Problem statement: What you print must match the data line for line.

Extracted data:

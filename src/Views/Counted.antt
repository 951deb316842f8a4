-- ===== src/Views/Counted.antt =====
-- core/internal/flow/flow.go: the sinks that JoinViews reports are the calls that it adds.
use sast_engine.Prelude.{
  ℕ, suc, ◌+◌, String, ◌≡◌, refl, inl, inr, true, ◌||◌, some, List, [], ◌∷◌, contains, same,
  is_some, arith, Bool-cases, Option-cases, ap, ◌∙◌, subst, none-not-some, some-injective, length,
  length-append,
}
use sast_engine.Ir.{Function}
use sast_engine.CallGraph.{func_by_id}
use sast_engine.CallGraph.Lookup.{func_by_id-id}
use sast_engine.Views.{View, ViewRead}
use sast_engine.Views.Reach.{cut, rebind_path, view_by_id, ReachedView, reach}
use sast_engine.Views.Resolve.{Resolved}
use sast_engine.Views.Join.{
  Program, Report, Writer, Piece, append_sink, change_last, write_sink, marker_piece,
  property_piece, render_read, render_reads, render_views, render, render_all, is_left, report_of,
  resolved_renders, join_views, sink_key,
}

unfoldable pub calls_in : List Function → ℕ
calls_in [] = 0
calls_in (fn ∷ fns) = length fn.calls + calls_in fns

module _ (id : String) (read : ViewRead) (block : String) (p : Piece) where
  change_last-known :
      (fns : List Function) (j : String)
      → is_some (func_by_id (change_last id (append_sink read block p) fns) j)
        ≡ is_some (func_by_id fns j)
  unfolding change_last append_sink func_by_id
  change_last-known [] j = refl
  change_last-known (fn ∷ fns) j = ground (arith, change_last-known fns j)

  calls_in-change_last :
      (fns : List Function)
      → is_some (func_by_id fns id) ≡ true
      → calls_in (change_last id (append_sink read block p) fns) ≡ suc (calls_in fns)
  unfolding change_last append_sink func_by_id calls_in
  calls_in-change_last [] h = cc
  calls_in-change_last (fn ∷ fns) h = elim (Option-cases (func_by_id fns id)) [
    | inr (later, e) ↦
        rw (e, change_last, calls_in) (omega (arith, calls_in-change_last fns (rw e refl)))
    | inl e ↦ elim (Bool-cases (same fn.id id)) [
      | inl s ↦ rw (e, s, change_last, calls_in) (omega (arith, length-append fn.calls (_ ∷ [])))
      | inr s ↦ absurd (ground (arith, h, e, s))
    ]
  ]

-- the calls so far are those at the start and the sinks that are counted, and the function is there
record IsCounted (base : ℕ) (fid : String) (w : Writer) : Type 0 where
  total : calls_in w.functions ≡ base + w.written
  there : is_some (func_by_id w.functions fid) ≡ true

module _ (base : ℕ) (fid : String) where
  render_read-IsCounted :
      (r : Resolved) (reached : ReachedView) (read : ViewRead) (w : Writer)
      → IsCounted base fid w
      → IsCounted base fid (render_read fid r reached read w)
  unfolding render_read write_sink
  render_read-IsCounted r reached read w i =
      let c = cut (rebind_path read.path reached.rebind) in
      elim (Option-cases (r.bound c.0)) [
        | inl n ↦ rw (n, render_read) i
        | inr (src, e) ↦
            elim (Bool-cases (same src "" || contains w.seen (sink_key fid read src))) [
              | inl s ↦ rw (e, s, render_read) i
              | inr s ↦
                  let p =
                    marker_piece fid read r.block (property_piece fid read src c.1 r.block w.n) in
                  rw (e, s, render_read)
                    record {
                      total = omega (
                        arith,
                        i.total,
                        calls_in-change_last fid read r.block p w.functions i.there,
                      );
                      there = change_last-known fid read r.block p w.functions fid ∙ i.there;
                    }
            ]
      ]

  render_reads-IsCounted :
      (r : Resolved) (reached : ReachedView) (reads : List ViewRead) (w : Writer)
      → IsCounted base fid w
      → IsCounted base fid (render_reads fid r reached reads w)
  unfolding render_reads
  render_reads-IsCounted r reached [] w i = i
  render_reads-IsCounted r reached (read ∷ reads) w i =
      render_reads-IsCounted r reached reads (render_read fid r reached read w)
        (render_read-IsCounted r reached read w i)

  render_views-IsCounted :
      (views : List View) (r : Resolved) (rs : List ReachedView) (w : Writer)
      → IsCounted base fid w
      → IsCounted base fid (render_views views fid r rs w)
  unfolding render_views
  render_views-IsCounted views r [] w i = i
  render_views-IsCounted views r (reached ∷ rs) w i =
      render_views-IsCounted views r rs _ (elim (Option-cases (view_by_id views reached.id)) [
        | inl n ↦ rw n i
        | inr (v, e) ↦ rw e (render_reads-IsCounted r reached v.reads w i)
      ])

module _ (base : ℕ) (fuel : ℕ) (views : List View) where
  render-counted :
      (r : Resolved) (w w' : Writer)
      → calls_in w.functions ≡ base + w.written
      → render fuel views r w ≡ some w'
      → calls_in w'.functions ≡ base + w'.written
  unfolding render
  render-counted r w w' i h = elim (Option-cases (func_by_id w.functions r.function)) [
    | inl n ↦
        let e : some w ≡ some w' = rw (n, render) at h in
        subst (λ (u : Writer). calls_in u.functions ≡ base + u.written) (some-injective w w' e) i
    | inr (fn, known) ↦ elim (Option-cases (reach views fuel r.view)) [
      | inl n ↦ absurd (none-not-some w' (rw (known, n, render) at h))
      | inr (rs, e) ↦
          let w₁ = render_views views fn.id r rs w in
          let eq : some w₁ ≡ some w' = rw (known, e, render) at h in
          let same_id = func_by_id-id w.functions r.function fn known in
          let start : IsCounted base fn.id w = record {
            total = i;
            there = ap is_some (ap (func_by_id w.functions) same_id ∙ known);
          } in
          let c = render_views-IsCounted base fn.id views r rs w start in
          subst (λ (u : Writer). calls_in u.functions ≡ base + u.written) (some-injective w₁ w' eq)
            c.total
    ]
  ]

  render_all-counted :
      (rs : List Resolved) (w w' : Writer)
      → calls_in w.functions ≡ base + w.written
      → render_all fuel views rs w ≡ some w'
      → calls_in w'.functions ≡ base + w'.written
  unfolding render_all
  render_all-counted [] w w' i h =
      subst (λ (u : Writer). calls_in u.functions ≡ base + u.written) (some-injective w w' h) i
  render_all-counted (r ∷ rs) w w' i h = elim (Option-cases (render fuel views r w)) [
    | inl n ↦ absurd (none-not-some w' (rw (n, render_all) at h))
    | inr (mid, e) ↦
        render_all-counted rs mid w' (render-counted r w mid i e) (rw (e, render_all) at h)
  ]

-- The number of sinks that JoinViews reports is the number of calls that it adds to the program.
pub join_views-sinks :
    (fuel : ℕ) (p q : Program) (rep : Report)
    → join_views fuel p ≡ some (q, rep)
    → calls_in q.functions ≡ calls_in p.functions + rep.sinks
unfolding join_views report_of
join_views-sinks fuel p q rep h = elim (Bool-cases (is_left p)) [
  | inl left ↦
      let e : some (p, report_of p 0 0) ≡ some (q, rep) = rw (left, join_views) at h in
      let eq = some-injective (p, report_of p 0 0) (q, rep) e in subst IsRight eq (omega arith)
  | inr go ↦ elim (Option-cases (render_all fuel p.views (resolved_renders p) (start p))) [
    | inl n ↦ absurd (none-not-some (q, rep) (rw (go, n, join_views) at h))
    | inr (w, ran) ↦
        let q' : Program = record p { functions = w.functions; views_joined = true } in
        let rep' = report_of p (length (resolved_renders p)) w.written in
        let e : some (q', rep') ≡ some (q, rep) = rw (go, ran, join_views) at h in
        subst IsRight (some-injective (q', rep') (q, rep) e) (
          render_all-counted (calls_in p.functions) fuel p.views (resolved_renders p) (start p) w
            (omega arith) ran)
  ]
]
  where
    start : Program → Writer
    start p = record { functions = p.functions; seen = []; n = 0; written = 0 }

    IsRight : Program × Report → Type 0
    IsRight (a, s) = calls_in a.functions ≡ calls_in p.functions + s.sinks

Solution to this exercise:
filename src/Views/Counted.antt
repository 951deb316842f8a4
-- ===== src/Views/Counted.antt =====
-- core/internal/flow/flow.go: the sinks that JoinViews reports are the calls that it adds.
use sast_engine.Prelude.{
  ℕ, suc, ◌+◌, String, ◌≡◌, refl, inl, inr, true, ◌||◌, some, List, [], ◌∷◌, contains, same,
  is_some, arith, Bool-cases, Option-cases, ap, ◌∙◌, subst, none-not-some, some-injective, length,
  length-append,
}
use sast_engine.Ir.{Function}
use sast_engine.CallGraph.{func_by_id}
use sast_engine.CallGraph.Lookup.{func_by_id-id}
use sast_engine.Views.{View, ViewRead}
use sast_engine.Views.Reach.{cut, rebind_path, view_by_id, ReachedView, reach}
use sast_engine.Views.Resolve.{Resolved}
use sast_engine.Views.Join.{
  Program, Report, Writer, Piece, append_sink, change_last, write_sink, marker_piece,
  property_piece, render_read, render_reads, render_views, render, render_all, is_left, report_of,
  resolved_renders, join_views, sink_key,
}

unfoldable pub calls_in : List Function → ℕ
calls_in [] = 0
calls_in (fn ∷ fns) = length fn.calls + calls_in fns

module _ (id : String) (read : ViewRead) (block : String) (p : Piece) where
  change_last-known :
      (fns : List Function) (j : String)
      → is_some (func_by_id (change_last id (append_sink read block p) fns) j)
        ≡ is_some (func_by_id fns j)
  unfolding change_last append_sink func_by_id
  change_last-known [] j = refl
  change_last-known (fn ∷ fns) j = ground (arith, change_last-known fns j)

  calls_in-change_last :
      (fns : List Function)
      → is_some (func_by_id fns id) ≡ true
      → calls_in (change_last id (append_sink read block p) fns) ≡ suc (calls_in fns)
  unfolding change_last append_sink func_by_id calls_in
  calls_in-change_last [] h = cc
  calls_in-change_last (fn ∷ fns) h = elim (Option-cases (func_by_id fns id)) [
    | inr (later, e) ↦
        rw (e, change_last, calls_in) (omega (arith, calls_in-change_last fns (rw e refl)))
    | inl e ↦ elim (Bool-cases (same fn.id id)) [
      | inl s ↦ rw (e, s, change_last, calls_in) (omega (arith, length-append fn.calls (_ ∷ [])))
      | inr s ↦ absurd (ground (arith, h, e, s))
    ]
  ]

-- the calls so far are those at the start and the sinks that are counted, and the function is there
record IsCounted (base : ℕ) (fid : String) (w : Writer) : Type 0 where
  total : calls_in w.functions ≡ base + w.written
  there : is_some (func_by_id w.functions fid) ≡ true

module _ (base : ℕ) (fid : String) where
  render_read-IsCounted :
      (r : Resolved) (reached : ReachedView) (read : ViewRead) (w : Writer)
      → IsCounted base fid w
      → IsCounted base fid (render_read fid r reached read w)
  unfolding render_read write_sink
  render_read-IsCounted r reached read w i =
      let c = cut (rebind_path read.path reached.rebind) in
      elim (Option-cases (r.bound c.0)) [
        | inl n ↦ rw (n, render_read) i
        | inr (src, e) ↦
            elim (Bool-cases (same src "" || contains w.seen (sink_key fid read src))) [
              | inl s ↦ rw (e, s, render_read) i
              | inr s ↦
                  let p =
                    marker_piece fid read r.block (property_piece fid read src c.1 r.block w.n) in
                  rw (e, s, render_read)
                    record {
                      total = omega (
                        arith,
                        i.total,
                        calls_in-change_last fid read r.block p w.functions i.there,
                      );
                      there = change_last-known fid read r.block p w.functions fid ∙ i.there;
                    }
            ]
      ]

  render_reads-IsCounted :
      (r : Resolved) (reached : ReachedView) (reads : List ViewRead) (w : Writer)
      → IsCounted base fid w
      → IsCounted base fid (render_reads fid r reached reads w)
  unfolding render_reads
  render_reads-IsCounted r reached [] w i = i
  render_reads-IsCounted r reached (read ∷ reads) w i =
      render_reads-IsCounted r reached reads (render_read fid r reached read w)
        (render_read-IsCounted r reached read w i)

  render_views-IsCounted :
      (views : List View) (r : Resolved) (rs : List ReachedView) (w : Writer)
      → IsCounted base fid w
      → IsCounted base fid (render_views views fid r rs w)
  unfolding render_views
  render_views-IsCounted views r [] w i = i
  render_views-IsCounted views r (reached ∷ rs) w i =
      render_views-IsCounted views r rs _ (elim (Option-cases (view_by_id views reached.id)) [
        | inl n ↦ rw n i
        | inr (v, e) ↦ rw e (render_reads-IsCounted r reached v.reads w i)
      ])

module _ (base : ℕ) (fuel : ℕ) (views : List View) where
  render-counted :
      (r : Resolved) (w w' : Writer)
      → calls_in w.functions ≡ base + w.written
      → render fuel views r w ≡ some w'
      → calls_in w'.functions ≡ base + w'.written
  unfolding render
  render-counted r w w' i h = elim (Option-cases (func_by_id w.functions r.function)) [
    | inl n ↦
        let e : some w ≡ some w' = rw (n, render) at h in
        subst (λ (u : Writer). calls_in u.functions ≡ base + u.written) (some-injective w w' e) i
    | inr (fn, known) ↦ elim (Option-cases (reach views fuel r.view)) [
      | inl n ↦ absurd (none-not-some w' (rw (known, n, render) at h))
      | inr (rs, e) ↦
          let w₁ = render_views views fn.id r rs w in
          let eq : some w₁ ≡ some w' = rw (known, e, render) at h in
          let same_id = func_by_id-id w.functions r.function fn known in
          let start : IsCounted base fn.id w = record {
            total = i;
            there = ap is_some (ap (func_by_id w.functions) same_id ∙ known);
          } in
          let c = render_views-IsCounted base fn.id views r rs w start in
          subst (λ (u : Writer). calls_in u.functions ≡ base + u.written) (some-injective w₁ w' eq)
            c.total
    ]
  ]

  render_all-counted :
      (rs : List Resolved) (w w' : Writer)
      → calls_in w.functions ≡ base + w.written
      → render_all fuel views rs w ≡ some w'
      → calls_in w'.functions ≡ base + w'.written
  unfolding render_all
  render_all-counted [] w w' i h =
      subst (λ (u : Writer). calls_in u.functions ≡ base + u.written) (some-injective w w' h) i
  render_all-counted (r ∷ rs) w w' i h = elim (Option-cases (render fuel views r w)) [
    | inl n ↦ absurd (none-not-some w' (rw (n, render_all) at h))
    | inr (mid, e) ↦
        render_all-counted rs mid w' (render-counted r w mid i e) (rw (e, render_all) at h)
  ]

-- The number of sinks that JoinViews reports is the number of calls that it adds to the program.
pub join_views-sinks :
    (fuel : ℕ) (p q : Program) (rep : Report)
    → join_views fuel p ≡ some (q, rep)
    → calls_in q.functions ≡ calls_in p.functions + rep.sinks
unfolding join_views report_of
join_views-sinks fuel p q rep h = elim (Bool-cases (is_left p)) [
  | inl left ↦
      let e : some (p, report_of p 0 0) ≡ some (q, rep) = rw (left, join_views) at h in
      let eq = some-injective (p, report_of p 0 0) (q, rep) e in subst IsRight eq (omega arith)
  | inr go ↦ elim (Option-cases (render_all fuel p.views (resolved_renders p) (start p))) [
    | inl n ↦ absurd (none-not-some (q, rep) (rw (go, n, join_views) at h))
    | inr (w, ran) ↦
        let q' : Program = record p { functions = w.functions; views_joined = true } in
        let rep' = report_of p (length (resolved_renders p)) w.written in
        let e : some (q', rep') ≡ some (q, rep) = rw (go, ran, join_views) at h in
        subst IsRight (some-injective (q', rep') (q, rep) e) (
          render_all-counted (calls_in p.functions) fuel p.views (resolved_renders p) (start p) w
            (omega arith) ran)
  ]
]
  where
    start : Program → Writer
    start p = record { functions = p.functions; seen = []; n = 0; written = 0 }

    IsRight : Program × Report → Type 0
    IsRight (a, s) = calls_in a.functions ≡ calls_in p.functions + s.sinks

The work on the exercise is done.